DETAILED ACTION
Notice of Pre-AIA or AIA Status
The present application, filed on or after March 16, 2013, is being examined under the first inventor to file provisions of the AIA .
The text of those sections of Title 35, U.S. Code not included in this action can be found in a prior Office action.
Information Disclosure Statement
The information disclosure statement (IDS) submitted on 02/12/2026 was filed after the mailing date of the Non-Final Rejection on 10/02/2025. The submission is in compliance with the provisions of 37 CFR 1.97. Accordingly, the information disclosure statement is being considered by the examiner.
Response to Amendment
This communication is responsive to the applicant’s amendment dated 12/10/2025. The applicant(s) amended claims 1-9 and added claim 10.
Response to Arguments
Applicant's arguments with respect to independent claims 1 and 9 have been considered but are moot in view of the new ground(s) of rejection because the arguments pertain to the newly amended limitations.
Claim Rejections - 35 USC § 102
The following is a quotation of the appropriate paragraphs of 35 U.S.C. 102 that form the basis for the rejections under this section made in this Office action:
A person shall be entitled to a patent unless –
(a)(2) the claimed invention was described in a patent issued under section 151, or in an application for patent published or deemed published under section 122(b), in which the patent or application, as the case may be, names another inventor and was effectively filed before the effective filing date of the claimed invention.
Claim(s) 2-9 are rejected under 35 U.S.C. 102(a)(2) as being anticipated by Sharifi et al. (US 20230252995 A1).
Regarding claims 1 and 9, Sharifi teaches:
“A speech input support device” (par. 0033; ‘In some implementations, one or more microphones of the client device can capture audio data, where the audio data captures the spoken input spoken by the user.’) comprising:
“a microphone which obtains a speech input by a user by converting the speech into an electric signal” (par. 0033; ‘In some implementations, one or more microphones of the client device can capture audio data, where the audio data captures the spoken input spoken by the user.’):
“a recording unit which records the speech obtained by the microphone” (par. 0033; ‘In some implementations, one or more microphones of the client device can capture audio data, where the audio data captures the spoken input spoken by the user.’ Capturing audio data reads on recording the speech obtained by the microphone.); and
“a processor including hardware” (par. 0048; ‘… one or more processors for accessing data and executing applications…’) configured to:
“perform first speech recognition with respect to the speech obtained by the microphone for input of a first recording content” (par. 0033; ‘The system can generate a candidate text representation of the spoken input.
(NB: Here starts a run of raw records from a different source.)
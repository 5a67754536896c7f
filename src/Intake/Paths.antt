-- ===== src/Intake/Paths.antt =====
-- The paths and the allowlist of protected/worker/conformance/intake_check.py.
pub mod Matching
pub mod Anchored
use ormas_subnet.Common.{
  Bool, true, false, not, ◌&&◌, ◌||◌, String, List, [], ◌∷◌, Option, none, some, Result, ok, err,
  value_error, Exc, str_eq, starts_with, split, strip, glue, replace_code, second_is, any_code,
  ◌==◌, ℕ, guard, ◌>>=◌, ◌>>◌, if◌then◌else◌,
}
use ormas_subnet.Intake.Segment.{segment_glob_match}

-- `path.replace("\\", "/").strip()`
abbrev pub raw_path : String → String
raw_path path = strip (replace_code 92 "/" path)

-- Absolute, home or drive paths. What starts with "//" starts with "/".
abbrev pub is_rooted : String → Bool
is_rooted raw = starts_with "/" raw || starts_with "~" raw || second_is b':' raw

abbrev pub with_part : String → Option (List String) → Option (List String)
with_part part none = none
with_part part (some ps) = some (part ∷ ps)

-- The parts but "" and ".", or none where one is "..".
unfoldable pub clean_parts : List String → Option (List String)
clean_parts [] = some []
clean_parts (part ∷ parts) =
    let rest = clean_parts parts in
    if str_eq part "" || str_eq part "."
    then rest
    else if str_eq part ".."
    then none
    else with_part part rest

-- `"/".join(parts)`
abbrev pub join_parts : List String → String
join_parts [] = ""
join_parts (p ∷ []) = p
join_parts (p ∷ q ∷ ps) = glue "/" p (join_parts (q ∷ ps))

abbrev pub joined : Option (List String) → Option String
joined none = none
joined (some []) = none
joined (some (p ∷ ps)) = some (join_parts (p ∷ ps))

-- `_normalize_repo_rel_path`
unfoldable pub normalize_repo_rel_path : String → Option String
normalize_repo_rel_path path =
    if str_eq (raw_path path) "" || is_rooted (raw_path path)
    then none
    else joined (clean_parts (split b'/' (raw_path path)))

abbrev pub pattern_of : Option (List String) → Result String
pattern_of none = err (value_error "allowed_paths must not contain path traversal")
pattern_of (some []) = err (value_error "allowed_paths entries must be nonempty")
pattern_of (some (p ∷ ps)) = ok (join_parts (p ∷ ps))

-- `_validate_allowlist_pattern`
unfoldable pub validate_allowlist_pattern : String → Result String
validate_allowlist_pattern pattern = do
  guard (not (str_eq (strip pattern) "")) (value_error "allowed_paths entries must be nonempty")
  guard (not (is_rooted (raw_path pattern)))
      (value_error "allowed_paths must be repository-relative")
  pattern_of (clean_parts (split b'/' (raw_path pattern)))

abbrev pub is_match : Option Bool → Bool
is_match none = false
is_match (some b) = b

-- `match(pi, gi)`, with what is left of the path and of the pattern: `skip` tries the rest of the
-- pattern on every end of the path.
abbrev pub on_some_end : (List String → Bool) → List String → Bool
on_some_end f [] = f []
on_some_end f (p ∷ ps) = f (p ∷ ps) || on_some_end f ps

abbrev pub first_matches : (List String → Bool) → String → List String → Bool
first_matches rest token [] = false
first_matches rest token (p ∷ ps) = is_match (segment_glob_match p token) && rest ps

unfoldable pub match_parts : List String → List String → Bool
match_parts [] [] = true
match_parts [] (p ∷ ps) = false
match_parts (token ∷ []) path =
    if str_eq token "**" then true else first_matches (match_parts []) token path
match_parts (token ∷ next ∷ tokens) path =
    if str_eq token "**"
    then on_some_end (match_parts (next ∷ tokens)) path
    else first_matches (match_parts (next ∷ tokens)) token path

-- `path.split("/") if path else []`
abbrev pub parts_of : String → List String
parts_of path = if str_eq path "" then [] else split b'/' path

unfoldable pub glob_path_match : String → String → Bool
glob_path_match path pattern = match_parts (parts_of pattern) (parts_of path)

abbrev pub is_glob_code : ℕ → Bool
is_glob_code c = (c == b'*') || (c == b'?') || (c == b'[')

abbrev pub entry_covers : String → String → Bool
entry_covers candidate pattern =
    if any_code is_glob_code pattern
    then glob_path_match candidate pattern
    else str_eq candidate pattern

-- The loop over the patterns: one that is refused ends it.
unfoldable pub candidate_is_allowed : String → List String → Bool
candidate_is_allowed candidate [] = false
candidate_is_allowed candidate (raw ∷ patterns) =
    let rest = candidate_is_allowed candidate patterns in
    elim (validate_allowlist_pattern raw) [
      | err e ↦ false
      | ok pattern ↦ entry_covers candidate pattern || rest
    ]

unfoldable pub path_is_allowed : String → List String → Bool
path_is_allowed path patterns = elim (normalize_repo_rel_path path) [
  | none ↦ false
  | some candidate ↦ candidate_is_allowed candidate patterns
]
In some implementations, the system can generate the candidate text representation of the spoken input by processing the audio data capturing the spoken input using an automatic speech recognition (‘ASR’) model.’);
“generate the first recording content based on a result of the first speech recognition” (par. 0034; ‘In some implementations, the system can render candidate text output 104 of the “WHAT IS A HAT”.’);
“perform, separately from the first speech recognition, second speech recognition with respect to the speech recorded by the recording unit for generation of a second recording content” (par. 0034; ‘In some implementations, the user can see the misrecognition of the word ‘vat’ and can speak further spoken utterance of “with a V” to correct the misrecognition.’);
“generate the second recording content based on (i) a result of the second speech recognition and (ii) a next operation for the user to perform input of the first recording content” (par. 0034; ‘In example 100, the system generates a revised text representation of the spoken input 208 of “WHAT IS A VAT”, where the revised text representation corrects the misrecognition of the word ‘vat’.’); and
“compare the first recording content with the second recording content” (par. 0096; ‘In some versions of those implementations, the method further includes determining the correction of the at least one word in the candidate text representation based on comparing the one or more attributes with the plurality of hypotheses of the text representation.’).
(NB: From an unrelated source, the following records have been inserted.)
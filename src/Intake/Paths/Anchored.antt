-- ===== src/Intake/Paths/Anchored.antt =====
-- A normalized path stays below the root of the repository.
use Prim.Native.Char.{Char, code}
use Prim.Native.String.{[] as empty, ◌∷◌ as prepend}
use ormas_subnet.Common.{
  ◌≡◌, refl, sym, ap, ◌∙◌, subst, inl, inr, false, ◌||◌, or-eq-false, Bool-cases, if_holds, String,
  List, [], ◌∷◌, Option, none, some, Ensures, Ensures-then, str_eq, All, split, glue, push_head,
  has_code, ◌==◌,
}
use ormas_subnet.Intake.Paths.{
  raw_path, is_rooted, clean_parts, join_parts, joined, normalize_repo_rel_path, with_part,
  pattern_of, validate_allowlist_pattern,
}

-- The part is a name: not empty, not "." or "..", with no slash.
pub record IsPlain (part : String) : Type 0 where
  pub no_slash : has_code b'/' part ≡ false
  pub nonempty : str_eq part "" ≡ false
  pub not_here : str_eq part "." ≡ false
  pub not_up : str_eq part ".." ≡ false

abbrev Slashless : String → Type 0
Slashless p = has_code b'/' p ≡ false

push_head-Slashless :
    (c : Char) (ps : List String)
    → (code c == b'/') ≡ false
    → All Slashless ps
    → All Slashless (push_head c ps)
push_head-Slashless c [] n h = (rw n refl, tt)
push_head-Slashless c (p ∷ ps) n h = (rw (n, h.0) refl, h.1)

split-Slashless : (s : String) → All Slashless (split b'/' s)
split-Slashless empty = (refl, tt)
split-Slashless (prepend c s) =
    if_holds (All Slashless) (code c == b'/') _ _ (λ y. (refl, split-Slashless s))
      (λ n. push_head-Slashless c (split b'/' s) n (split-Slashless s))

split-glue : (p s : String) → Slashless p → split b'/' (glue "/" p s) ≡ p ∷ split b'/' s
split-glue empty s h = refl
split-glue (prepend c p) s h =
    let b = or-eq-false (code c == b'/') (has_code b'/' p) h in rw (b.0, split-glue p s b.1) refl

split_one : (p : String) → Slashless p → split b'/' p ≡ p ∷ []
split_one empty h = refl
split_one (prepend c p) h =
    let b = or-eq-false (code c == b'/') (has_code b'/' p) h in rw (b.0, split_one p b.1) refl

-- What was joined is split again.
pub split-join_parts :
    (p : String) (ps : List String)
    → All Slashless (p ∷ ps)
    → split b'/' (join_parts (p ∷ ps)) ≡ p ∷ ps
split-join_parts p [] h = split_one p h.0
split-join_parts p (q ∷ ps) h =
    split-glue p (join_parts (q ∷ ps)) h.0 ∙ ap (λ qs. p ∷ qs) (split-join_parts q ps h.1)

abbrev IsClean : Option (List String) → Type 0
IsClean none = Unit
IsClean (some ps) = All IsPlain ps

kept : (p : String) (o : Option (List String)) → IsPlain p → IsClean o → IsClean (with_part p o)
kept p none h k = tt
kept p (some ps) h k = (h, k)

clean_parts-IsClean : (ps : List String) → All Slashless ps → IsClean (clean_parts ps)
unfolding clean_parts
clean_parts-IsClean [] h = tt
clean_parts-IsClean (p ∷ ps) h =
    let ih = clean_parts-IsClean ps h.1 in
    if_holds IsClean (str_eq p "" || str_eq p ".") _ _ (λ y. ih)
      λ n.
        if_holds IsClean (str_eq p "..") _ _ (λ y. tt)
          λ m.
            let b = or-eq-false (str_eq p "") (str_eq p ".") n in
            kept p (clean_parts ps)
              (record { no_slash = h.0; nonempty = b.0; not_here = b.1; not_up = m }) ih

Plain-Slashless : (ps : List String) → All IsPlain ps → All Slashless ps
Plain-Slashless [] h = tt
Plain-Slashless (p ∷ ps) h = (h.0.no_slash, Plain-Slashless ps h.1)

-- Every part of the path is a name.
abbrev pub IsAnchored : String → Type 0
IsAnchored path = All IsPlain (split b'/' path)

join_parts-IsAnchored :
    (p : String) (ps : List String) → All IsPlain (p ∷ ps) → IsAnchored (join_parts (p ∷ ps))
join_parts-IsAnchored p ps h =
    subst (All IsPlain) (sym (split-join_parts p ps (Plain-Slashless (p ∷ ps) h))) h

joined-IsAnchored :
    (o : Option (List String)) {r : String} → IsClean o → joined o ≡ some r → IsAnchored r
joined-IsAnchored none h e = cc e
joined-IsAnchored (some []) h e = cc e
joined-IsAnchored (some (p ∷ ps)) {r = r} h e =
    let same : (join_parts (p ∷ ps) ≡ r) = cc e in
    subst IsAnchored same (join_parts-IsAnchored p ps h)

-- Every part of a path that is normalized is a name: it is not empty, not "." or "..", and has no
-- slash.
pub normalize_repo_rel_path-IsAnchored :
    (path : String) {r : String} → normalize_repo_rel_path path ≡ some r → IsAnchored r
unfolding normalize_repo_rel_path
normalize_repo_rel_path-IsAnchored path h =
    elim (Bool-cases (str_eq (raw_path path) "" || is_rooted (raw_path path))) [
      | inl y ↦ cc (rw y at h)
      | inr n ↦
          joined-IsAnchored (clean_parts (split b'/' (raw_path path)))
            (clean_parts-IsClean (split b'/' (raw_path path)) (split-Slashless (raw_path path)))
            (rw n at h)
    ]

pattern_of-IsAnchored : (o : Option (List String)) → IsClean o → Ensures IsAnchored (pattern_of o)
pattern_of-IsAnchored none h = tt
pattern_of-IsAnchored (some []) h = tt
pattern_of-IsAnchored (some (p ∷ ps)) h = join_parts-IsAnchored p ps h

-- So is every part of a pattern that is accepted.
pub validate_allowlist_pattern-IsAnchored :
    (pattern : String) → Ensures IsAnchored (validate_allowlist_pattern pattern)
unfolding validate_allowlist_pattern
validate_allowlist_pattern-IsAnchored pattern = Ensures-then _ _ _ λ g1. Ensures-then _ _ _ λ g2.
    pattern_of-IsAnchored (clean_parts (split b'/' (raw_path pattern)))
      (clean_parts-IsClean (split b'/' (raw_path pattern)) (split-Slashless (raw_path pattern)))
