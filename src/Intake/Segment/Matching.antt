-- ===== src/Intake/Segment/Matching.antt =====
-- What it means that a segment matches a pattern.
use Prim.Native.Char.{Char, code}
use Prim.Native.String.{[], ◌∷◌}
use ormas_subnet.Common.{◌≡◌, refl, ◌==◌, ◌||◌, true, false, String, and-eq-true}
use ormas_subnet.Intake.Segment.{all_stars}

-- A star stands for any characters, a question mark for one, and another character for itself.
pub data Matches : String → String → Type 0 where
  ends : Matches [] []
  star_none : {a : Char} {s p : String} → (code a == b'*') ≡ true → Matches s p → Matches s (a ∷ p)
  star_more :
      {a c : Char} {s p : String}
      → (code a == b'*') ≡ true
      → Matches s (a ∷ p)
      → Matches (c ∷ s) (a ∷ p)
  one :
      {a c : Char} {s p : String}
      → (code a == b'*') ≡ false
      → ((code a == b'?') || (code a == code c)) ≡ true
      → Matches s p
      → Matches (c ∷ s) (a ∷ p)

-- The first is an end of the second.
pub data Ends : String → String → Type 0 where
  whole : {s : String} → Ends s s
  later : {c : Char} {s t : String} → Ends s t → Ends s (c ∷ t)

-- The pattern has been followed, without a star, from the first pair to the second.
pub data Follows (s p : String) : String → String → Type 0 where
  start : Follows s p s p
  more :
      {c a : Char} {t q : String}
      → Follows s p (c ∷ t) (a ∷ q)
      → (code a == b'*') ≡ false
      → Follows s p t q

pub all_stars-Matches : (p : String) → all_stars p ≡ true → Matches [] p
all_stars-Matches [] h = ends
all_stars-Matches (a ∷ p) h =
    let b = and-eq-true (code a == b'*') (all_stars p) h in star_none b.0 (all_stars-Matches p b.1)

pub star_takes :
    {a : Char} {s t p : String}
    → (code a == b'*') ≡ true
    → Ends s t
    → Matches s (a ∷ p)
    → Matches t (a ∷ p)
star_takes h whole m = m
star_takes h (later e) m = star_more h (star_takes h e m)

pub Matches-all_stars : {p : String} → Matches [] p → all_stars p ≡ true
Matches-all_stars ends = refl
Matches-all_stars (star_none h m) = rw (h, Matches-all_stars m) refl

-- A pattern that does not begin with a star takes a character of its own.
pub Matches-one :
    {a : Char} {s p : String}
    → (code a == b'*') ≡ false
    → Matches s (a ∷ p)
    → (c : Char) × (t : String) × (s ≡ c ∷ t)
      × (((code a == b'?') || (code a == code c)) ≡ true)
      × Matches t p
Matches-one h (star_none e m) = cc (h, e)
Matches-one h (star_more e m) = cc (h, e)
Matches-one h (one {c = c} {s = s} e f m) = (c, s, refl, f, m)

pub Matches-nil : {s : String} → Matches s [] → s ≡ []
Matches-nil ends = refl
Claim Rejections - 35 USC § 103
The following is a quotation of 35 U.S.C. 103 which forms the basis for all obviousness rejections set forth in this Office action:
A patent for a claimed invention may not be obtained, notwithstanding that the claimed invention is not identically disclosed as set forth in section 102, if the differences between the claimed invention and the prior art are such that the claimed invention as a whole would have been obvious before the effective filing date of the claimed invention to a person having ordinary skill in the art to which the claimed invention pertains. Patentability shall not be negated by the manner in which the invention was made.
Claim(s) 2-8 and 10 are rejected under 35 U.S.C. 103 as being unpatentable over Sharifi in view of Preis et al. (US 20230252083 A1).
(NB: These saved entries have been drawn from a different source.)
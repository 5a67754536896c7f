-- ===== src/Intake/Segment/Correct.antt =====
-- The scan answers whether the segment matches.
use Prim.Native.Char.{Char, code}
use Prim.Native.String.{[], ◌∷◌}
use ormas_subnet.Common.{
  ◌≡◌, ◌↔◌, refl, sym, ◌∙◌, subst, ◌⊎◌, inl, inr, ◌==◌, ◌||◌, Bool, true, false, if_holds, String,
  Option, none, some, ℕ, zero, suc,
}
use ormas_subnet.Intake.Segment.{
  Mark, Scan, Next, answer, go_on, scan_at, mark_at, all_stars, tail, go_back, step, then_scan,
  scan,
}
use ormas_subnet.Intake.Segment.Matching.{
  Matches, star_none, star_more, one, Ends, whole, later, Follows, start, more, all_stars-Matches,
  star_takes, Matches-all_stars, Matches-one, Matches-nil,
}

Ends-nil : {z : String} → Ends z [] → z ≡ []
Ends-nil whole = refl

Ends-trans : {x y z : String} → Ends x y → Ends y z → Ends x z
Ends-trans e whole = e
Ends-trans e (later f) = later (Ends-trans e f)

Ends-tail : {z : String} (t : String) → Ends z (tail t) → Ends z t
Ends-tail [] e = e
Ends-tail (c ∷ t) e = later e

Ends-split : {z : String} (t : String) → Ends z t → (z ≡ t) ⊎ Ends z (tail t)
Ends-split t whole = inl refl
Ends-split (c ∷ t) (later e) = inr e

-- What a star leaves.
star_leaves :
    {a : Char} {s p : String}
    → (code a == b'*') ≡ true
    → Matches s (a ∷ p)
    → (z : String) × Ends z s × Matches z p
star_leaves h (star_none {s = s} e m) = (s, whole, m)
star_leaves h (star_more e m) = let r = star_leaves h m in (r.0, later r.1, r.2)
star_leaves h (one e f m) = cc (h, e)

Matches-tail :
    {a c : Char} {z t q : String}
    → (code a == b'*') ≡ false
    → Ends z (c ∷ t)
    → Matches z (a ∷ q)
    → (y : String) × Ends y t × Matches y q
Matches-tail {c = c} {z = z} {t = t} {q = q} h e m =
    let (d, y, is, fits, rest) = Matches-one h m in
    elim (Ends-split (c ∷ t) e) [
      | inl same ↦ (y, subst (λ w. Ends y (tail w)) (sym is ∙ same) whole, rest)
      | inr behind ↦ (y, Ends-trans (subst (λ w. Ends y w) (sym is) (later whole)) behind, rest)
    ]

-- A match of the marked pattern further on passes the place where the scan is.
followed :
    {s p t q z : String}
    → Follows s p t q
    → Ends z s
    → Matches z p
    → (y : String) × Ends y t × Matches y q
followed {z = z} start e m = (z, e, m)
followed (more f h) e m = let r = followed f e m in Matches-tail h r.1 r.2

-- The segment matches from where the scan is, or from a later place for the marked star.
abbrev pub AtMark : Option Mark → Type 0
AtMark none = false ≡ true
AtMark (some m) = (z : String) × Ends z (tail m.segment) × Matches z m.pattern

abbrev pub Finds : String → String → Option Mark → Type 0
Finds s p mark = Matches s p ⊎ AtMark mark

abbrev pub IsOnTrack : String → String → Option Mark → Type 0
IsOnTrack s p none = Unit
IsOnTrack s p (some m) = Follows m.segment m.pattern s p

abbrev pub Keeps : String → String → Option Mark → Next → Type 0
Keeps s p mark (answer b) = (b ≡ true) ↔ Finds s p mark
Keeps s p mark (go_on t) =
    IsOnTrack t.segment t.pattern t.mark × (Finds t.segment t.pattern t.mark ↔ Finds s p mark)

go_back-Keeps :
    (s p : String) (mark : Option Mark)
    → (Matches s p → false ≡ true)
    → Keeps s p mark (go_back mark)
go_back-Keeps s p none never = (λ h. inr h, λ f. elim f [ inl m ↦ never m | inr h ↦ h ])
go_back-Keeps s p (some m) never = (
  start,
  (
    (λ f. elim f [
      | inl here ↦ inr (tail m.segment, whole, here)
      | inr on ↦ inr (on.0, Ends-tail (tail m.segment) on.1, on.2)
    ]),
    λ f. elim f [
      | inl here ↦ cc (never here)
      | inr on ↦ elim (Ends-split (tail m.segment) on.1) [
        | inl same ↦ inl (subst (λ w. Matches w m.pattern) same on.2)
        | inr behind ↦ inr (on.0, behind, on.2)
      ]
    ],
  ),
)

-- At the end of the segment.
stars-Keeps :
    (p : String) (mark : Option Mark) → IsOnTrack [] p mark → Keeps [] p mark (answer (all_stars p))
stars-Keeps p none v =
    ((λ h. inl (all_stars-Matches p h)), λ f. elim f [ inl m ↦ Matches-all_stars m | inr h ↦ cc h ])
stars-Keeps p (some k) v = (
  (λ h. inl (all_stars-Matches p h)),
  λ f. elim f [
    | inl m ↦ Matches-all_stars m
    | inr on ↦
        let r = followed v (Ends-tail k.segment on.1) on.2 in
        Matches-all_stars (subst (λ w. Matches w p) (Ends-nil r.1) r.2)
  ],
)

-- A star on the track is where every later match passes.
passes :
    {a : Char} (s p : String) (mark : Option Mark)
    → (code a == b'*') ≡ true
    → IsOnTrack s (a ∷ p) mark
    → Finds s (a ∷ p) mark
    → (z : String) × Ends z s × Matches z p
passes s p mark h v (inl m) = star_leaves h m
passes s p none h v (inr f) = cc f
passes s p (some k) h v (inr on) =
    let r = followed v (Ends-tail k.segment on.1) on.2 in
    let l = star_leaves h r.2 in (l.0, Ends-trans l.1 r.1, l.2)

star-Keeps :
    (c a : Char) (s p : String) (mark : Option Mark)
    → (code a == b'*') ≡ true
    → IsOnTrack (c ∷ s) (a ∷ p) mark
    → Keeps (c ∷ s) (a ∷ p) mark (scan_at (c ∷ s) p (mark_at p (c ∷ s)))
star-Keeps c a s p mark h v = (
  start,
  (
    (λ f. elim f [
      | inl m ↦ inl (star_none h m)
      | inr on ↦ inl (star_takes h (later on.1) (star_none h on.2))
    ]),
    λ f.
        let r = passes (c ∷ s) p mark h v f in
        elim (Ends-split (c ∷ s) r.1) [
          | inl same ↦ inl (subst (λ w. Matches w p) same r.2)
          | inr behind ↦ inr (r.0, behind, r.2)
        ],
  ),
)

follow_on :
    (c a : Char) (s p : String) (mark : Option Mark)
    → (code a == b'*') ≡ false
    → IsOnTrack (c ∷ s) (a ∷ p) mark
    → IsOnTrack s p mark
follow_on c a s p none h v = tt
follow_on c a s p (some m) h v = more v h

Matches-both :
    {a c : Char} {s p : String} → (code a == b'*') ≡ false → Matches (c ∷ s) (a ∷ p) → Matches s p
Matches-both h (star_none e m) = cc (h, e)
Matches-both h (star_more e m) = cc (h, e)
Matches-both h (one e f m) = m

Matches-fits :
    {a c : Char} {s p : String}
    → (code a == b'*') ≡ false
    → Matches (c ∷ s) (a ∷ p)
    → ((code a == b'?') || (code a == code c)) ≡ true
Matches-fits h (star_none e m) = cc (h, e)
Matches-fits h (star_more e m) = cc (h, e)
Matches-fits h (one e f m) = f

one-Keeps :
    (c a : Char) (s p : String) (mark : Option Mark)
    → (code a == b'*') ≡ false
    → ((code a == b'?') || (code a == code c)) ≡ true
    → IsOnTrack (c ∷ s) (a ∷ p) mark
    → Keeps (c ∷ s) (a ∷ p) mark (scan_at s p mark)
one-Keeps c a s p mark h f v = (
  follow_on c a s p mark h v,
  (
    (λ g. elim g [ inl m ↦ inl (one h f m) | inr on ↦ inr on ]),
    λ g. elim g [ inl m ↦ inl (Matches-both h m) | inr on ↦ inr on ],
  ),
)

no_pattern : {c : Char} {s : String} → Matches (c ∷ s) [] → false ≡ true
no_pattern m = cc (Matches-nil m)

pub step-Keeps :
    (s p : String) (mark : Option Mark) → IsOnTrack s p mark → Keeps s p mark (step s p mark)
unfolding step
step-Keeps [] p mark v = stars-Keeps p mark v
step-Keeps (c ∷ s) [] mark v = go_back-Keeps (c ∷ s) [] mark (λ m. no_pattern m)
step-Keeps (c ∷ s) (a ∷ p) mark v =
    if_holds (Keeps (c ∷ s) (a ∷ p) mark) (code a == b'*') _ _ (λ h. star-Keeps c a s p mark h v)
      λ h.
        if_holds (Keeps (c ∷ s) (a ∷ p) mark) ((code a == b'?') || (code a == code c)) _ _
          (λ f. one-Keeps c a s p mark h f v)
          λ f. go_back-Keeps (c ∷ s) (a ∷ p) mark (λ m. sym f ∙ Matches-fits h m)

after-Keeps :
    (fuel : ℕ) (s p : String) (mark : Option Mark) (next : Next) {b : Bool}
    → Keeps s p mark next
    → ((t : Scan)
        → scan fuel t ≡ some b
        → IsOnTrack t.segment t.pattern t.mark
        → (b ≡ true) ↔ Finds t.segment t.pattern t.mark)
    → then_scan (λ t. scan fuel t) next ≡ some b
    → (b ≡ true) ↔ Finds s p mark
after-Keeps fuel s p mark (answer a) k ih h = ((λ e. k.0 (cc (h, e))), λ f. cc (h, k.1 f))
after-Keeps fuel s p mark (go_on t) k ih h =
    let r = ih t h k.0 in ((λ e. k.1.0 (r.0 e)), λ f. r.1 (k.1.1 f))

-- An answer of the scan is right, whatever the fuel.
pub scan_right :
    (fuel : ℕ) (t : Scan) {b : Bool}
    → scan fuel t ≡ some b
    → IsOnTrack t.segment t.pattern t.mark
    → (b ≡ true) ↔ Finds t.segment t.pattern t.mark
unfolding scan
scan_right zero t h v = cc h
scan_right (suc fuel) t h v =
    after-Keeps fuel t.segment t.pattern t.mark (step t.segment t.pattern t.mark)
      (step-Keeps t.segment t.pattern t.mark v) (λ u e w. scan_right fuel u e w) h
Regarding claim 2 (dep. on claim 1), Sharifi does not expressly teach:
“the next operation for the user is an operation to output guidance speech from the speech input support device;”
“the processor is further configured to perform third speech recognition with respect to the guidance speech output from the speech input support device;” and
“the processor generates the second recording content by associating (i) the result of the second speech recognition with (ii) a result of the third speech recognition.”
Preis teaches:
“the next operation for the user is an operation to output guidance speech from the speech input support device;” (par. 0114; ‘Upon triggering of a rule or threshold at the data integration and analysis manager, another natural language response is generated 941 stating that the minimum pressure of pump X has fallen below the normal threshold of 100 psi 916, to which the user responds by stating the exception “the minimum pressure of Pump X should be 90 psi” 917.’);
“the processor is further configured to perform third speech recognition with respect to the guidance speech output from the speech input support device;” (par. 0114; ‘Upon triggering of a rule or threshold at the data integration and analysis manager, another natural language response is generated 941 stating that the minimum pressure of pump X has fallen below the normal threshold of 100 psi 916, to which the user responds by stating the exception “the minimum pressure of Pump X should be 90 psi” 917.’); and
“the processor generates the second recording content by associating (i) the result of the second speech recognition with (ii) a result of the third speech recognition” (par. 0114; ‘The platform IVA manager updates the user-specific and device-specific IVA to reflect the new information in the exception 944 and the updates are uploaded to the facilities manager device IVA 918, along with a natural language generated response 945 confirming that the minimum pressure threshold for Pump X has been set to 90 psi, and asking whether this new rule should be applied to all pumps of type X 919.’).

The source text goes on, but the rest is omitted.